» **Directions**:
Range to output from the entries below: the line containing "pub record VideoUrb : Type 0 where" through the line containing "pub queued_count : ℕ". Set it down exactly, ends included, nothing else.

━━ Given records

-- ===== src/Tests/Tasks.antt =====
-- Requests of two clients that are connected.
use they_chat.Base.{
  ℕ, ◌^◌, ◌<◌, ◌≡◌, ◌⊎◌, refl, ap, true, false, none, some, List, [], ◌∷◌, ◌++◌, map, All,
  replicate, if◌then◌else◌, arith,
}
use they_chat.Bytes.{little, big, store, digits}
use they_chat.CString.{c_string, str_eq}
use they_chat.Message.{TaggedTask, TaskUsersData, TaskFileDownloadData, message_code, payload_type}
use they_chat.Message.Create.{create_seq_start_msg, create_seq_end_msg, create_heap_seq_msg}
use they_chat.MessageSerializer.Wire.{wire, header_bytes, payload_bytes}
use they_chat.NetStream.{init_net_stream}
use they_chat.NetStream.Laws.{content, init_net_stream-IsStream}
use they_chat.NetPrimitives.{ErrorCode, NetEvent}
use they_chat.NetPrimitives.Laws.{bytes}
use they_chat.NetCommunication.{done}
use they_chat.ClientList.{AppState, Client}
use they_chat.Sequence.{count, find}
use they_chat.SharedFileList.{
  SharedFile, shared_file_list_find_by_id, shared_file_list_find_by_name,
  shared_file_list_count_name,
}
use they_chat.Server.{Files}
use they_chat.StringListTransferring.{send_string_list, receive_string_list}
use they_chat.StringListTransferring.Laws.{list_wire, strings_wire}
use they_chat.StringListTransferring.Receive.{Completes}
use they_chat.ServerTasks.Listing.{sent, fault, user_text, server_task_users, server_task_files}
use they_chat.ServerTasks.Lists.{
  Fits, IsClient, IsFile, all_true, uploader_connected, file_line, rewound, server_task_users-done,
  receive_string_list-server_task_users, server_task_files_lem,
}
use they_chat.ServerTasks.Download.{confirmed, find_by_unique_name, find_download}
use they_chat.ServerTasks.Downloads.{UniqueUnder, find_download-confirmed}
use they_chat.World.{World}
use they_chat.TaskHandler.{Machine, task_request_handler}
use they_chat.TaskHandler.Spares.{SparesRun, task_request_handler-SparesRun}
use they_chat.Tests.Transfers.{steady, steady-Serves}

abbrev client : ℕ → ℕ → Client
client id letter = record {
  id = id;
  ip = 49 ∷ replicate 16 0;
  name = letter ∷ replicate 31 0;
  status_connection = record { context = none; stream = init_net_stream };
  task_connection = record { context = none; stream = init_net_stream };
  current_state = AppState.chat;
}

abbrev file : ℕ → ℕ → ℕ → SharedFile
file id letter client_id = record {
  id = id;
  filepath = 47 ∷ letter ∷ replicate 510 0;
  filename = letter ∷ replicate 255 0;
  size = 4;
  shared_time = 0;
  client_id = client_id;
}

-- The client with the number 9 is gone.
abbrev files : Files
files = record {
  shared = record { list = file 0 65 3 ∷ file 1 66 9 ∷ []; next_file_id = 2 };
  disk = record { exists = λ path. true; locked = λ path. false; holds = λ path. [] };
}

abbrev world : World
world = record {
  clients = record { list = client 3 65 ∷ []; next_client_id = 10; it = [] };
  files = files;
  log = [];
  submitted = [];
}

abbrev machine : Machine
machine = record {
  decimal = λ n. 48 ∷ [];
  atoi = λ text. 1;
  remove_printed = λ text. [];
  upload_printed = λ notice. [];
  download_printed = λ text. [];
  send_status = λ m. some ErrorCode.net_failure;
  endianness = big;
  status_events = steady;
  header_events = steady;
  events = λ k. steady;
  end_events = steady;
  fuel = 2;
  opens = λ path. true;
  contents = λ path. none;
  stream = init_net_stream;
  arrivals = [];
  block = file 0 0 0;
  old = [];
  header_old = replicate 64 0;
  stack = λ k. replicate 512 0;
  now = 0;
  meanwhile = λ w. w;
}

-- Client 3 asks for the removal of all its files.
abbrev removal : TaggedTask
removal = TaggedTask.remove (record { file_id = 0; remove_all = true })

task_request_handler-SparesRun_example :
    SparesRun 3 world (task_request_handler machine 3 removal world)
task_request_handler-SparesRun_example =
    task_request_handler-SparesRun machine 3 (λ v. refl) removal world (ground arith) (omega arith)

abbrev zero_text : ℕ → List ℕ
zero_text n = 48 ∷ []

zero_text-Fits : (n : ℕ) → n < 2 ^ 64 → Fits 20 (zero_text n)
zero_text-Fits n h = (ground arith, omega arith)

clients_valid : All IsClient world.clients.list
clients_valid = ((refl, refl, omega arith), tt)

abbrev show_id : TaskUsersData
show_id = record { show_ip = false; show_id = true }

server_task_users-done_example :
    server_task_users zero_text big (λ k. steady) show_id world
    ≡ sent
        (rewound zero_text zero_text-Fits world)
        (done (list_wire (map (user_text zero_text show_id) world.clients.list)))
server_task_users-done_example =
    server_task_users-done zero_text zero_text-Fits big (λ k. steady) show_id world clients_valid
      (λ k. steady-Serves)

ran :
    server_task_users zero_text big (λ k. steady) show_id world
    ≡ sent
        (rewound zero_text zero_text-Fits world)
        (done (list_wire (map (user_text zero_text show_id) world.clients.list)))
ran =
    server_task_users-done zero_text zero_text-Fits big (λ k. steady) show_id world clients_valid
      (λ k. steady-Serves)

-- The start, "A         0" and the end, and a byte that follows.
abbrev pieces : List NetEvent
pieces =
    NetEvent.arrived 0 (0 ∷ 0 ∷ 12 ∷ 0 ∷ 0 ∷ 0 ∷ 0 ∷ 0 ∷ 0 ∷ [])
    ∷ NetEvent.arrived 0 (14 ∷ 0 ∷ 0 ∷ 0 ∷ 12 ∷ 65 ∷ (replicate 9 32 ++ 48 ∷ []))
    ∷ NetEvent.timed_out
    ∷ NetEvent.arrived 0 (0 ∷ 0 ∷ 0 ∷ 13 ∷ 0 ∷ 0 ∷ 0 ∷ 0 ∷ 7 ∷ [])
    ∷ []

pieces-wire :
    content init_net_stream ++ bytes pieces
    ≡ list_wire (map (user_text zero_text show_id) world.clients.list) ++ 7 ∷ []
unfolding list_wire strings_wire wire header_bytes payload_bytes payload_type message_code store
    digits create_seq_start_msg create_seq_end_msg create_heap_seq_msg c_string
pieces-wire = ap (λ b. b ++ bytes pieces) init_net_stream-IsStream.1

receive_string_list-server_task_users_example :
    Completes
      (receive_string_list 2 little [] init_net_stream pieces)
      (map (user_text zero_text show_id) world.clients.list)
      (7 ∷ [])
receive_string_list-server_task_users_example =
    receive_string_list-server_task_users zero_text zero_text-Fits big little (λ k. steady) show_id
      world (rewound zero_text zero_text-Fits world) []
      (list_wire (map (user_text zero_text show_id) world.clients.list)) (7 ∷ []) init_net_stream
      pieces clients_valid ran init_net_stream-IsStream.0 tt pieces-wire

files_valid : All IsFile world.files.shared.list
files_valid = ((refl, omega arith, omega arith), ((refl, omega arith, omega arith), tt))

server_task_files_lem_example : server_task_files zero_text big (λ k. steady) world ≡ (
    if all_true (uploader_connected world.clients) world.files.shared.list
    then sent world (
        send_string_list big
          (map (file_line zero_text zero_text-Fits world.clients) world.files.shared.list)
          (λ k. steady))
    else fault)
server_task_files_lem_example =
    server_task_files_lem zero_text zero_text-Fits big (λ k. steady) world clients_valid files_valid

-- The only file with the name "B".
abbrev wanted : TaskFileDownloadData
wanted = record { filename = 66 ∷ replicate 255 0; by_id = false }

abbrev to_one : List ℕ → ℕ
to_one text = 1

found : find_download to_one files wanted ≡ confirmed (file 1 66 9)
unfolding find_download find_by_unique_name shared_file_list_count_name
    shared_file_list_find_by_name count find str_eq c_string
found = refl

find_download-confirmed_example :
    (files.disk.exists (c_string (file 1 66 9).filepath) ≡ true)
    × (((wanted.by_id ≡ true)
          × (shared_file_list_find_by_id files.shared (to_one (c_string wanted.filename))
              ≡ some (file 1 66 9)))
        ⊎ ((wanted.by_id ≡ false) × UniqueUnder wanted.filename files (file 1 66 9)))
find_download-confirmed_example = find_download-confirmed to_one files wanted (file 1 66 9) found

━━━━
━━ Given records

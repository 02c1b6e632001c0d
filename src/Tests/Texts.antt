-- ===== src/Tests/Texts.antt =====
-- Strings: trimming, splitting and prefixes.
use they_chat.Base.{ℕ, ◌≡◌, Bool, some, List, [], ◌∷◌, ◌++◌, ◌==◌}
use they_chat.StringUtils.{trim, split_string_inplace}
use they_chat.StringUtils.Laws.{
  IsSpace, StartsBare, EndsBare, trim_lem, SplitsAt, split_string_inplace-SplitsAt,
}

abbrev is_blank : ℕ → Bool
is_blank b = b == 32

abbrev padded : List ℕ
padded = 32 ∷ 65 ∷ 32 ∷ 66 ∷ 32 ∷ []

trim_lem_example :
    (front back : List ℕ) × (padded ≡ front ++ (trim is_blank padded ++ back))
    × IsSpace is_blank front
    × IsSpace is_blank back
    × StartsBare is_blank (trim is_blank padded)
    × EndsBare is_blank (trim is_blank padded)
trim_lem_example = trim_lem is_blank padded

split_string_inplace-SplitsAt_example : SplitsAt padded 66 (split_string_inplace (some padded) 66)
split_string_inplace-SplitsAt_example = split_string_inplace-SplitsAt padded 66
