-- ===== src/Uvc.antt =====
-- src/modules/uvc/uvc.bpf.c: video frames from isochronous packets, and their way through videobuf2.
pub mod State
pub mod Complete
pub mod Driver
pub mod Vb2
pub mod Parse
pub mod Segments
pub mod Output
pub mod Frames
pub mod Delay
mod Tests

━━━━
━━ Given records

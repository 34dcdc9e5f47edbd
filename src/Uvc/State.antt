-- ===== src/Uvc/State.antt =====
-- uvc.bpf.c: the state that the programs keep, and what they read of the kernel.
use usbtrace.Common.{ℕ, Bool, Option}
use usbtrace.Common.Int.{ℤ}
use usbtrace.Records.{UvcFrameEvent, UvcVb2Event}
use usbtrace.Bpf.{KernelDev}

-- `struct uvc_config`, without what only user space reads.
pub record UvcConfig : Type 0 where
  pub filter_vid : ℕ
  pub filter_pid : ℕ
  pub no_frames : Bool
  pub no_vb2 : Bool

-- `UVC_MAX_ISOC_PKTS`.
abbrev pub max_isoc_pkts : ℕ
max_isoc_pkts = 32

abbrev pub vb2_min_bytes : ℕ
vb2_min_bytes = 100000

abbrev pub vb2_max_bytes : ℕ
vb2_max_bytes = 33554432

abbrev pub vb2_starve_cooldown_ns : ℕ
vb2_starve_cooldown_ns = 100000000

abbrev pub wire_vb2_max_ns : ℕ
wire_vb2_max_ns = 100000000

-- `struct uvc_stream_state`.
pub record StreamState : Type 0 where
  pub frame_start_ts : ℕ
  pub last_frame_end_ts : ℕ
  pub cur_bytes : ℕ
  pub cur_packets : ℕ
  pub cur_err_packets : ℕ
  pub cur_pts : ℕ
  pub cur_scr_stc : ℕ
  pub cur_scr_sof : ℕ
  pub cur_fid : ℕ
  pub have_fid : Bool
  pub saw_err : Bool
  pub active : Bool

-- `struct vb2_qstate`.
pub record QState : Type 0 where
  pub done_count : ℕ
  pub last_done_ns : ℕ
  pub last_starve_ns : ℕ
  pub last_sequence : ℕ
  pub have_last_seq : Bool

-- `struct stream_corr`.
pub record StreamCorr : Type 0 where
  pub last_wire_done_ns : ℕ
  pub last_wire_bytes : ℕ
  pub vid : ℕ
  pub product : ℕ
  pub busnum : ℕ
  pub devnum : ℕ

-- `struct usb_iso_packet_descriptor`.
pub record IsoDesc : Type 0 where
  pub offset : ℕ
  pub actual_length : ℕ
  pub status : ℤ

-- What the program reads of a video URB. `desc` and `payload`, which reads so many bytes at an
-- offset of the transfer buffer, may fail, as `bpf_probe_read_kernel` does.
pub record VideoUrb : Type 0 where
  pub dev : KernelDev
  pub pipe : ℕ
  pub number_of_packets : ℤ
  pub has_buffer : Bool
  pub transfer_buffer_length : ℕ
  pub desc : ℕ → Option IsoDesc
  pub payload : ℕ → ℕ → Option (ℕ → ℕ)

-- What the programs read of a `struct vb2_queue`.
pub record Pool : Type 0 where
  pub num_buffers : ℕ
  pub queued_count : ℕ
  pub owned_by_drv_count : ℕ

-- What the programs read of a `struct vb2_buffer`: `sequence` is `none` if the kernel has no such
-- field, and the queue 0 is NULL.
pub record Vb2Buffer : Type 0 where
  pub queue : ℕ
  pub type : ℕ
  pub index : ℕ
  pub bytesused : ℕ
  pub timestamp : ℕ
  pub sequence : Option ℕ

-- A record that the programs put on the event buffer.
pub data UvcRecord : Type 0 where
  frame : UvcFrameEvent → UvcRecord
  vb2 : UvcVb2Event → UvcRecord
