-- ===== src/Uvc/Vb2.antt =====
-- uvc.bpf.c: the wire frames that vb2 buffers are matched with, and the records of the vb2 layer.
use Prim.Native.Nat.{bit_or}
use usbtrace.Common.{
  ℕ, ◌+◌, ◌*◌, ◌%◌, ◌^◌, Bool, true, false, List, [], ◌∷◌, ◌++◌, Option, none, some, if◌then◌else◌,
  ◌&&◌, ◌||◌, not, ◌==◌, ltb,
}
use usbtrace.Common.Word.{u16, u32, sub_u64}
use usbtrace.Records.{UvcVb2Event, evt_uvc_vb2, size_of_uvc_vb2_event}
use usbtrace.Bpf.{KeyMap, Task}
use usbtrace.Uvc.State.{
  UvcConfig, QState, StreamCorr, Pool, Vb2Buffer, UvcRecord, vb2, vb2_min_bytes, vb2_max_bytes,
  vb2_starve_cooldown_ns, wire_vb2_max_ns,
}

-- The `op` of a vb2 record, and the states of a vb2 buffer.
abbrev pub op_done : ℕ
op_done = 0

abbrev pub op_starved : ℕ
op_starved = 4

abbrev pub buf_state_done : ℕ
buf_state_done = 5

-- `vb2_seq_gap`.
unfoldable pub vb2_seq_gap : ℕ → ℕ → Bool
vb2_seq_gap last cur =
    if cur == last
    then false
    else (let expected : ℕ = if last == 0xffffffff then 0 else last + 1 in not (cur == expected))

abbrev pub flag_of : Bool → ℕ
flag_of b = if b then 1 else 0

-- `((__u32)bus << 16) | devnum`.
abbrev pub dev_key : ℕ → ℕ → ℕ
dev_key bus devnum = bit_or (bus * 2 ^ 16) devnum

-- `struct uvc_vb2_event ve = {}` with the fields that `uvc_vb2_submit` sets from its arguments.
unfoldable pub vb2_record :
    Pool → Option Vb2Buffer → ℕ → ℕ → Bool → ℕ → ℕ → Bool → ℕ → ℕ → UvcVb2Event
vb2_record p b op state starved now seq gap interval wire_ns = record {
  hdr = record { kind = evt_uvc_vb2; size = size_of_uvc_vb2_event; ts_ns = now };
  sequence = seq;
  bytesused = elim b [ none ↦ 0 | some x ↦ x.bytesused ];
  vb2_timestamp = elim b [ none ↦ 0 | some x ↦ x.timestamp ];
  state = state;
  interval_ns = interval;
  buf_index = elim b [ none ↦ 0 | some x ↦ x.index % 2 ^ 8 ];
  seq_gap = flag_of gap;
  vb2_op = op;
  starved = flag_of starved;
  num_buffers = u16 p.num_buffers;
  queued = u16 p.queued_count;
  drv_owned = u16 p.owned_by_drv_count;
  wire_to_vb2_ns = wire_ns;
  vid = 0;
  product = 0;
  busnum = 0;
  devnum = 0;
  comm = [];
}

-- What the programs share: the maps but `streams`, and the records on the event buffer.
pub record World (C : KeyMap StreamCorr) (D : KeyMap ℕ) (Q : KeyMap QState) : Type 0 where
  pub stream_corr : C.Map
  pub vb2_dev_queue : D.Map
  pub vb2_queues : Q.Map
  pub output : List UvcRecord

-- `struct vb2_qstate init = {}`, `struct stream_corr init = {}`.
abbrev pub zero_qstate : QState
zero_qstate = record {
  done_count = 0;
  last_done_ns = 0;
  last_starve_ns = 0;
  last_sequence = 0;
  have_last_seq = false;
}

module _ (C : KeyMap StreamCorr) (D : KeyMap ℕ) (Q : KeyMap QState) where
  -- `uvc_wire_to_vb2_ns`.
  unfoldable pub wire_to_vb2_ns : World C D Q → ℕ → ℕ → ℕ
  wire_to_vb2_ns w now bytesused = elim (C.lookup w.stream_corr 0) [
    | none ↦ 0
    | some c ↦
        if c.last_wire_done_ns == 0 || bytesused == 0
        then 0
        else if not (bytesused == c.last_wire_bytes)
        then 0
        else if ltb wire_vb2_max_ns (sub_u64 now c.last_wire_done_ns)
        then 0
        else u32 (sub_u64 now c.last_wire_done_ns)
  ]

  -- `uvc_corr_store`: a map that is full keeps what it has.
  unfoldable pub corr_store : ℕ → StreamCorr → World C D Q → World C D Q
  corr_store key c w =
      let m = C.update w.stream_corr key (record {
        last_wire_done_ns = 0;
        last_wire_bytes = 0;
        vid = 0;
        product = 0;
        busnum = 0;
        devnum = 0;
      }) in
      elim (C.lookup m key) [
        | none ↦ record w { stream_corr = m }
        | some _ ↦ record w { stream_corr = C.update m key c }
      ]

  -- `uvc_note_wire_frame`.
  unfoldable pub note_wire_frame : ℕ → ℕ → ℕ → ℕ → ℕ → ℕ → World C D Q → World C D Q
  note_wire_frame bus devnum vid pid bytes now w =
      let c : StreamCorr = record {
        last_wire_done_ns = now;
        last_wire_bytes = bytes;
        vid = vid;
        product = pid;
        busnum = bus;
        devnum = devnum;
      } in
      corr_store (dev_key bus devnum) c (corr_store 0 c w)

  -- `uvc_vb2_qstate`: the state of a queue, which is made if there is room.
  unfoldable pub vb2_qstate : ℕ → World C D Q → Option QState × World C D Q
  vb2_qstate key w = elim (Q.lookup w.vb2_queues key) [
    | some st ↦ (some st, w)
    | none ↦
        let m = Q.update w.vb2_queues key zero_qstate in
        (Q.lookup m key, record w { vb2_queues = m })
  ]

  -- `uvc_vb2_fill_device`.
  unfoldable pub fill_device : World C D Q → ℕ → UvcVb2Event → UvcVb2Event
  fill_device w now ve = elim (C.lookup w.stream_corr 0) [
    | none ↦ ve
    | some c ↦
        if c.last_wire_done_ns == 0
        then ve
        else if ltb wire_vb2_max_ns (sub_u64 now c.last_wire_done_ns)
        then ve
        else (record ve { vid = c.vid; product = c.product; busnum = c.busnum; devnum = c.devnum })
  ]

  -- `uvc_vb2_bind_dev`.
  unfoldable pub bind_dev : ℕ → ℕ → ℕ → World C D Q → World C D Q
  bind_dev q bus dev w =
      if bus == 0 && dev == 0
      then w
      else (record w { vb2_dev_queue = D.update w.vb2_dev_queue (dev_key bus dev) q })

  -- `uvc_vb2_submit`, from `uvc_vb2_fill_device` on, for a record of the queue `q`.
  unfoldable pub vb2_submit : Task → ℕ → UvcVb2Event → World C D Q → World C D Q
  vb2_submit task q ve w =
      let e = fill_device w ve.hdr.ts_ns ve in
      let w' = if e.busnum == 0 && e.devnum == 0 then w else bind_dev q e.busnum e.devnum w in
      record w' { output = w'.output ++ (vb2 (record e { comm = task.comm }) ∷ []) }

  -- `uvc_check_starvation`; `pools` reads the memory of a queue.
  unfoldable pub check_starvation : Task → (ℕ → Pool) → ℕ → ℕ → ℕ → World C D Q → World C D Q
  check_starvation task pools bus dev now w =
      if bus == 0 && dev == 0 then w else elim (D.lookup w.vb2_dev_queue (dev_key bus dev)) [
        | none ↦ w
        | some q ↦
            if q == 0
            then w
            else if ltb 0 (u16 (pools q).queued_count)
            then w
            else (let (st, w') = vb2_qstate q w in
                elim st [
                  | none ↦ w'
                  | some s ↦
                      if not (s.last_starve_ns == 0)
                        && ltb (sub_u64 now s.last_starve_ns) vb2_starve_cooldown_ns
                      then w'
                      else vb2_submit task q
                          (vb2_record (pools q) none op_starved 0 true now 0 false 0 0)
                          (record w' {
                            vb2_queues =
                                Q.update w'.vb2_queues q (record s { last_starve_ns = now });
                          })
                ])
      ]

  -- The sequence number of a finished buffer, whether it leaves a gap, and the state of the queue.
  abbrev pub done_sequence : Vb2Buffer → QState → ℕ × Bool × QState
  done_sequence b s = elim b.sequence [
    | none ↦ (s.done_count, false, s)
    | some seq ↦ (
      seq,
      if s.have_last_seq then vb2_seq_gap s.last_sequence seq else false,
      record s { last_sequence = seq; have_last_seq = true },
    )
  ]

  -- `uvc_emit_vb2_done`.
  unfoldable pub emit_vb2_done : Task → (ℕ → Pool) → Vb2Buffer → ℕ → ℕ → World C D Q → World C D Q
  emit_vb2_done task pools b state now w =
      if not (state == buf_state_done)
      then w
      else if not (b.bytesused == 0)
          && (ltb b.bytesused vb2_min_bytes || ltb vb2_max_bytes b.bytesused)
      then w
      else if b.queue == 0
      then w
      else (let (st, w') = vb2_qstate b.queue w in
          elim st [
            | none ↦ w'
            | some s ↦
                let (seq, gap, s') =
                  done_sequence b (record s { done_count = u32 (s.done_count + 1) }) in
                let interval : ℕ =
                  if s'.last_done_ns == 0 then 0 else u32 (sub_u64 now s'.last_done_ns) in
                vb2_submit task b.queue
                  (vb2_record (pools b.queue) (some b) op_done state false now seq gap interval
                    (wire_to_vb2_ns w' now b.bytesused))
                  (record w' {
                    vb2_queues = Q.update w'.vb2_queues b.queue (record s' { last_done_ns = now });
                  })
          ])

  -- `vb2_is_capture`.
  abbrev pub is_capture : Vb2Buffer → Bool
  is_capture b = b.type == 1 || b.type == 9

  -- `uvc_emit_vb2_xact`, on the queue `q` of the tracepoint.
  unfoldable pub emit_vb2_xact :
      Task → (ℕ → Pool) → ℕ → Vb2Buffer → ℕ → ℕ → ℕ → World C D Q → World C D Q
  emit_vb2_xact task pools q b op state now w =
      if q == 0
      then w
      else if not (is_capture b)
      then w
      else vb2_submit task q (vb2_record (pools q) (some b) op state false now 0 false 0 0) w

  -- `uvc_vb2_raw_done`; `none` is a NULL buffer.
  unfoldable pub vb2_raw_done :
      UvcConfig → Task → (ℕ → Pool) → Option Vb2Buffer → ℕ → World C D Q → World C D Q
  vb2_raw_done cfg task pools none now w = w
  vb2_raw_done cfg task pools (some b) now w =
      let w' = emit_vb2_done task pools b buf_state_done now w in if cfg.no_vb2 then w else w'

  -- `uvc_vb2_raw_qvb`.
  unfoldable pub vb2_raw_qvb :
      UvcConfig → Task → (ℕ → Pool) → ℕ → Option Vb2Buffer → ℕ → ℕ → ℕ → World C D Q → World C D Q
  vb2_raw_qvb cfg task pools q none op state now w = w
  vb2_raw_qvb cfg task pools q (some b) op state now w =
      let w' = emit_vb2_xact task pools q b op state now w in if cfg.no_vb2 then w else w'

━━━━

» **Response area**:
pub record VideoUrb : Type 0 where
  pub dev : KernelDev
  pub pipe : ℕ
  pub number_of_packets : ℤ
  pub has_buffer : Bool
  pub transfer_buffer_length : ℕ
  pub desc : ℕ → Option IsoDesc
  pub payload : ℕ → ℕ → Option (ℕ → ℕ)

-- What the programs read of a `struct vb2_queue`.
pub record Pool : Type 0 where
  pub num_buffers : ℕ
  pub queued_count : ℕ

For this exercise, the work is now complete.